考えれば考えるほど、自分には、わからなくなり、自分ひとり全く変っているような、不安と恐怖に襲われるばかりなのです。自分は隣人と、ほとんど会話が出来ません。何を、どう言ったらいいのか、わからないのです。

太宰治「人間失格」

 自分自身、幼稚園の時にお弁当を残してはダメよ!食べ終わるまで遊ばせません!という先生の指導によって、慣れない場所で食事をするとドキドキして気持ち悪くなるような感覚がありました。きっと会食恐怖症ってやつですね。最近は、そういう感覚はかなり少なくなっているので良かったですが、初めて太宰の人間失格を読んだ時に、楽しいものの象徴とされる「食事」に苦手意識を持っている人がいるんだ!と共感しました。

韓国文学から見るモッパン

 2022年の本屋大賞の翻訳小説部門で一位となったソン・ウォンピョンさんの「三十の反撃」。まだ読めていませんが、韓国の国民性という部分が多く反映されているんではないでしょうか。
 韓国にはモッパンという食事動画がYouTubeなどで人気です。家族と一緒にご飯を食べるという文化が影響しているのかもしれないですね。日本のYouTuberでも、食事動画を上げてる人は沢山いますね。
太宰みたいに人と食べるのは嫌だな。。という時もありましたがコロナの影響もありますが一人で寂しいなって時もあります。人が食べてるのを見るのも美味しそうで面白いものです。
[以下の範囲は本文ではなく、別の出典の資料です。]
-- ===== src/Outbox/Processor.antt =====
-- src/outbox/outbox.processor.ts: the loop that drains one outbox table.
--
-- What the loop is given from outside is an argument: what `publish` does, whether a write of the
-- store is rejected, the clocks and the random number. An error is `Thrown`.
pub mod Laws
use iveri_nest_sdk.Common.{
  ℕ, ◌+◌, Bool, true, false, ◌||◌, Option, none, some, List, [], ◌∷◌, ◌++◌, leb, ◌==◌, select, not,
  length, if◌then◌else◌,
}
use iveri_nest_sdk.Common.Text.{Text, codes}
use iveri_nest_sdk.Outbox.Event.{
  OutboxEvent, OutboxEventStatus, processing, status_eq, Table, Claim,
}
use iveri_nest_sdk.Outbox.Retry.{Fraction, next_outbox_attempt_at}
use iveri_nest_sdk.Outbox.Repository.{
  ClaimInput, Failure, claim_due_batch, mark_published, record_failure,
}

pub record OutboxProcessorConfig : Type 0 where
  pub is_enabled : Bool
  pub poll_interval_ms : ℕ
  pub batch_size : ℕ
  pub claim_timeout_ms : ℕ
  pub max_attempts : ℕ
  pub backoff_base_ms : ℕ
  pub backoff_max_ms : ℕ

-- What was thrown: the message of an `Error`, and the service's judgement of it.
pub record Thrown : Type 0 where
  pub message : Option Text
  pub is_permanent : Bool

-- What the world does to one event: `some` is a rejection.
pub record Attempt : Type 0 where
  pub publish : Option Thrown
  pub mark_published : Option Thrown
  pub record_failure : Option Thrown
  pub now : ℕ
  pub random : Fraction

-- The table after an event, what escaped, and whether a dead letter was logged.
pub record Processed : Type 0 where
  pub table : Table
  pub escaped : Option Thrown
  pub dead_letter_logged : Bool

abbrev pub reason_of : Text → Thrown → Text
reason_of name error = elim error.message [
  | some message ↦ message
  | none ↦ codes "Unknown " ++ (name ++ codes " publish failure")
]

unfoldable pub failure_of : Text → OutboxProcessorConfig → Attempt → OutboxEvent → Thrown → Failure
failure_of name config w event error =
    let attempt_count = event.attempt_count + 1 in
    let is_dead_letter = error.is_permanent || leb config.max_attempts attempt_count in
    record {
      attempt_count = attempt_count;
      next_attempt_at =
          if is_dead_letter
          then none
          else some (
              next_outbox_attempt_at w.now w.random attempt_count config.backoff_base_ms
                config.backoff_max_ms);
      is_dead_letter = is_dead_letter;
      last_error = reason_of name error;
    }

-- The `catch` of an attempt.
unfoldable pub fail :
    Text → OutboxProcessorConfig → Attempt → OutboxEvent → Claim → Thrown → Table → Processed
unfolding failure_of
fail name config w event claim error table =
    let f = failure_of name config w event error in
    elim w.record_failure [
      | none ↦ record {
        table = (record_failure claim f table).0;
        escaped = none;
        dead_letter_logged = f.is_dead_letter;
      }
      | some e ↦ record { table = table; escaped = some e; dead_letter_logged = false }
    ]

-- The `try` of an attempt: an error of `markPublished` is caught like one of `publish`.
unfoldable pub attempt :
    Text → OutboxProcessorConfig → Attempt → OutboxEvent → Claim → Table → Processed
unfolding fail
attempt name config w event claim table = elim w.publish [
  | some error ↦ fail name config w event claim error table
  | none ↦ elim w.mark_published [
    | some error ↦ fail name config w event claim error table
    | none ↦ record {
      table = (mark_published w.now claim table).0;
      escaped = none;
      dead_letter_logged = false;
    }
  ]
]

abbrev pub claim_of : OutboxEvent → ℕ → Claim
claim_of event claim_token = record {
  id = event.id;
  tenant_id = event.tenant_id;
  claim_token = claim_token;
}

abbrev pub refused : Table → Processed
refused table = record { table = table; escaped = none; dead_letter_logged = false }

-- An event without a lease is refused.
unfoldable pub process : Text → OutboxProcessorConfig → Attempt → OutboxEvent → Table → Processed
unfolding attempt
process name config w event table = elim event.claim_token [
  | none ↦ refused table
  | some claim_token ↦
      if status_eq event.status processing
      then attempt name config w event (claim_of event claim_token) table
      else refused table
]

-- One turn of the loop: what other processes do to the table before it, and what the world does.
pub record Turn : Type 0 where
  pub others : Table → Table
  pub attempt : Attempt

-- The `for` loop of a cycle, from turn `i` on: an error that escapes ends it.
unfoldable pub process_all :
    Text → OutboxProcessorConfig → (ℕ → Turn) → ℕ → List OutboxEvent → Table → Processed
unfolding process
process_all name config turns i [] table = refused table
process_all name config turns i (event ∷ batch) table =
    let done = process name config (turns i).attempt event ((turns i).others table) in
    let rest = process_all name config turns (i + 1) batch done.table in
    elim done.escaped [ some e ↦ done | none ↦ rest ]

-- `timer` is the handle of the last interval, and `armed` the intervals that the runtime will fire.
pub record OutboxProcessor : Type 0 where
  pub timer : Option ℕ
  pub is_running : Bool
  pub armed : List ℕ

-- `setInterval` returns a fresh handle.
unfoldable pub start : OutboxProcessorConfig → (handle : ℕ) → OutboxProcessor → OutboxProcessor
start config handle p =
    if config.is_enabled then record p { timer = some handle; armed = handle ∷ p.armed } else p

unfoldable pub stop : OutboxProcessor → OutboxProcessor
stop p = elim p.timer [
  | none ↦ record p { timer = none }
  | some handle ↦ record p { timer = none; armed = select (λ h. not (h == handle)) p.armed }
]

-- What `claimDueBatch` meets in one cycle, its rejection included, and the turns of the loop.
pub record Cycle : Type 0 where
  pub claim_rejected : Option Thrown
  pub now : ℕ
  pub claimed_at : ℕ
  pub claim_token : ℕ
  pub is_locked : OutboxEvent → Bool
  pub turns : ℕ → Turn

-- `claimed` is the number that the cycle returns, or `none` where an error escapes it.
pub record CycleResult : Type 0 where
  pub table : Table
  pub claimed : Option ℕ
  pub processor : OutboxProcessor

abbrev pub claim_input : OutboxProcessorConfig → ClaimInput
claim_input config = record {
  batch_size = config.batch_size;
  claim_timeout_ms = config.claim_timeout_ms;
}

-- The body of the `try`.
unfoldable pub drain : Text → OutboxProcessorConfig → Cycle → Table → Table × Option ℕ
unfolding process_all
drain name config c table = elim c.claim_rejected [
  | some e ↦ (table, none)
  | none ↦
      let claimed =
        claim_due_batch (claim_input config) c.now c.claimed_at c.claim_token c.is_locked table in
      let done = process_all name config c.turns 0 claimed.1 claimed.0 in
      (done.table, elim done.escaped [ none ↦ some (length claimed.1) | some e ↦ none ])
]

-- A cycle that is already running returns 0. `finally` resets `isRunning`.
unfoldable pub run_cycle :
    Text → OutboxProcessorConfig → Cycle → OutboxProcessor → Table → CycleResult
unfolding drain
run_cycle name config c p table =
    if p.is_running
    then record { table = table; claimed = some 0; processor = p }
    else let result = drain name config c table in
      record { table = result.0; claimed = result.1; processor = record p { is_running = false } }
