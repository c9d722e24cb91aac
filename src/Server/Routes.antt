-- ===== src/Server/Routes.antt =====
-- internal/server/server.go: the routes of the server, and the requests one after the other. The
-- multiplexer sees a clean path; one with `.`, `..` or an empty part is redirected before any handler.
mod Tests
pub mod Guarded
use busybar_bridge.Prelude.{
  Bool, true, false, not, ◌&&◌, List, [], ◌∷◌, Option, none, some, if◌then◌else◌,
}
use busybar_bridge.Prelude.Int.{ℤ}
use busybar_bridge.Prelude.Result.{Result, err}
use busybar_bridge.Prelude.Text.{Text, codes, text_eq}
use busybar_bridge.Telemetry.Types
use busybar_bridge.Calendar.Store.{CalendarBinding, Store, Disk, Calls}
use busybar_bridge.Calendar.Events.{ActiveEvent}
use busybar_bridge.Calendar.Display.Render.{DisplayState}
use busybar_bridge.Server.Http.{Request, Reply, is_get_or_head}
use busybar_bridge.Server.Oauth.{
  Called, store_is_bound, is_oauth_configured, handle_login, handle_callback,
}
use busybar_bridge.Server.Page.{PageWorld, status_data, handle_status}
use busybar_bridge.Server.Probes.{handle_healthz, handle_ready}
use busybar_bridge.Server.Setup
use busybar_bridge.Server.Setup.{Server}

-- The OAuth manager by what its methods answer.
pub record Manager : Type 0 where
  pub generated : Result Text (Text × Text)
  pub exchange_code : Text → Result Text CalendarBinding
  pub says_configured : Bool

-- The server over the values of its dependencies.
abbrev pub LiveServer : Type 0
LiveServer = Server Types.Store Store Manager ActiveEvent DisplayState

-- The handlers.
pub data Route : Type 0 where
  healthz ready status oauth_login oauth_callback : Route

-- The patterns but `/` match one path each; `/` matches every other path.
pub route_of : Text → Route
unfolding text_eq
route_of path =
    if text_eq path (codes "/healthz")
    then healthz
    else if text_eq path (codes "/ready")
    then ready
    else if text_eq path (codes "/oauth/google/login")
    then oauth_login
    else if text_eq path (codes "/oauth/google/callback")
    then oauth_callback
    else status

says_of : Option Manager → Option Bool
says_of none = none
says_of (some m) = some m.says_configured

pub exchange_of : Option Manager → Option (Text → Result Text CalendarBinding)
exchange_of none = none
exchange_of (some m) = some m.exchange_code

-- The reply, or none where the handler panics; and the calendar store and its disk.
pub record Served (Bytes : Type 0) : Type 0 where
  pub reply : Option Reply
  pub calendar_store : Option Store
  pub disk : Disk Bytes

module _ {Bytes : Type 0} (marshal : CalendarBinding → Option Bytes) (dir : Text → Text)
    (escape : Text → Text) (w : PageWorld) where
  kept_store : LiveServer → Disk Bytes → Option Reply → Served Bytes
  kept_store s disk reply = record { reply = reply; calendar_store = s.calendar_store; disk = disk }

  -- handleOAuthGoogleLogin; a call of the method of a nil manager panics.
  login : LiveServer → Request → Option Manager → Option Reply
  unfolding handle_login
  login s r (some m) =
      some (handle_login s.calendar_store s.oauth_configured (some m.says_configured) m.generated r)
  login s r none =
      if is_get_or_head r
        && not (store_is_bound s.calendar_store)
        && is_oauth_configured s.oauth_configured none
      then none
      else some (handle_login s.calendar_store s.oauth_configured none (err []) r)

  pub serve_route : Calls Bytes → LiveServer → Disk Bytes → Text → Request → Route → Served Bytes
  unfolding kept_store login exchange_of
  serve_route calls s disk path r healthz = kept_store s disk (some (handle_healthz r))
  serve_route calls s disk path r ready = kept_store s disk (some (handle_ready s.store r))
  serve_route calls s disk path r status = kept_store s disk (
      some (
        handle_status w path
          (status_data w s.store s.oauth_configured (says_of s.oauth_mgr) s.calendar_store
            s.event_tracker s.display_provider r)
          r))
  serve_route calls s disk path r oauth_login = kept_store s disk (login s r s.oauth_mgr)
  serve_route calls s disk path r oauth_callback =
      let out =
        handle_callback marshal dir escape calls s.calendar_store disk (exchange_of s.oauth_mgr)
          r in
      record { reply = some out.reply; calendar_store = out.store; disk = out.disk }

  pub serve : Calls Bytes → LiveServer → Disk Bytes → Text → Request → Served Bytes
  unfolding serve_route
  serve calls s disk path r = serve_route calls s disk path r (route_of path)

  -- Requests one after the other, each with its path and what the system calls of its save answer.
  pub serve_all :
      LiveServer → Disk Bytes → List (Text × Request × Calls Bytes) → LiveServer × Disk Bytes
  unfolding serve
  serve_all s disk [] = (s, disk)
  serve_all s disk ((path, r, calls) ∷ rest) =
      let out = serve calls s disk path r in
      serve_all (record s { calendar_store = out.calendar_store }) out.disk rest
「三十の反撃」読んでみたいです。 

芥川賞受賞作と食事

 芥川賞を受賞した村田沙耶香さんの「コンビニ人間」には、塩味の淡白な食事をとる主人公や小鳥の死体を見つけ、お墓を作る子どもに対して「焼き鳥にした方が美味しいよ」と考える主人公が描かれています。
ここでは主人公が考える本能的な食べるという行為と、人間の常識的、理性的な部分との乖離を表現していると思います。
同じく村田さんの「街を食べる」の書評も投稿しようと思ってます。
 第165回芥川賞受賞作の「おいしいごはんが食べられますように」も読んでみたいですね。